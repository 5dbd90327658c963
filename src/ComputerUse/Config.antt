-- ===== src/ComputerUse/Config.antt =====
-- computer_use/config.py, `ComputerUseConfig`: the capabilities, off by default. Times are in
-- milliseconds.
use plugin_baselithbot.Clock.{second}
use plugin_baselithbot.Common.{
  ℕ, ◌*◌, String, Bool, true, false, not, Option, none, some, List, [], ◌==◌, if◌then◌else◌,
}
use plugin_baselithbot.Control.Approvals.{ApprovalStatus, pending, approved, denied, timed_out}
use plugin_baselithbot.Security.Redaction.{Fields}

pub record ComputerUseConfig : Type 0 where
  pub enabled : Bool
  pub allow_mouse : Bool
  pub allow_keyboard : Bool
  pub allow_screenshot : Bool
  pub allow_shell : Bool
  pub allow_filesystem : Bool
  pub allowed_shell_commands : List String
  pub shell_timeout_seconds : ℕ
  pub filesystem_root : Option String
  pub filesystem_max_bytes : ℕ
  pub post_write_verify : Bool
  pub require_approval_for : List String
  pub approval_timeout_seconds : ℕ

-- The reasons of a `ComputerUseError`, where the file system and the shell raise it.
pub data ComputerUseError : Type 0 where
  disabled unparsable_command empty_command nothing_allowlisted command_timed_out : ComputerUseError
  no_filesystem_root null_byte : ComputerUseError
  capability_not_allowed shell_metacharacter not_allowlisted escapes_root :
      String → ComputerUseError
  symlink_escapes file_not_found not_a_directory : String → ComputerUseError
  exceeds_max_size : ℕ → ComputerUseError
  refused_by_operator : ApprovalStatus → String → ComputerUseError

-- ComputerUseConfig()
unfoldable pub default_config : Bool → ComputerUseConfig
default_config verify = record {
  enabled = false;
  allow_mouse = true;
  allow_keyboard = true;
  allow_screenshot = true;
  allow_shell = false;
  allow_filesystem = false;
  allowed_shell_commands = [];
  shell_timeout_seconds = 30 * second;
  filesystem_root = none;
  filesystem_max_bytes = 10000000;
  post_write_verify = verify;
  require_approval_for = [];
  approval_timeout_seconds = 120 * second;
}

-- getattr(self, f"allow_{capability}", False)
unfoldable pub flag : ComputerUseConfig → String → Bool
flag c capability =
    if capability == "mouse"
    then c.allow_mouse
    else if capability == "keyboard"
    then c.allow_keyboard
    else if capability == "screenshot"
    then c.allow_screenshot
    else if capability == "shell"
    then c.allow_shell
    else if capability == "filesystem"
    then c.allow_filesystem
    else false

-- What it raises, if anything.
unfoldable pub require_enabled : ComputerUseConfig → String → Option ComputerUseError
unfolding flag
require_enabled c capability =
    if not c.enabled
    then some disabled
    else if not (flag c capability)
    then some (capability_not_allowed capability)
    else none

-- The operator behind the gate: for a capability, an action, its parameters and a timeout, the final
-- status of the request, when `submit` returns, and the id it has.
abbrev pub Operator : Type 0
Operator = String → String → Fields → ℕ → ApprovalStatus × String

abbrev pub status_value : ApprovalStatus → String
status_value pending = "pending"
status_value approved = "approved"
status_value denied = "denied"
status_value timed_out = "timed_out"

abbrev pub is_approved_status : ApprovalStatus → Bool
is_approved_status approved = true
is_approved_status _ = false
== == ==
▶ _TASK BRIEF_:
Scan the material above for the string "true" and return the lines that hold it.

▶ _WRITTEN ANSWER_:
  ℕ, ◌*◌, String, Bool, true, false, not, Option, none, some, List, [], ◌==◌, if◌then◌else◌,
  allow_mouse = true;
  allow_keyboard = true;
  allow_screenshot = true;
is_approved_status approved = true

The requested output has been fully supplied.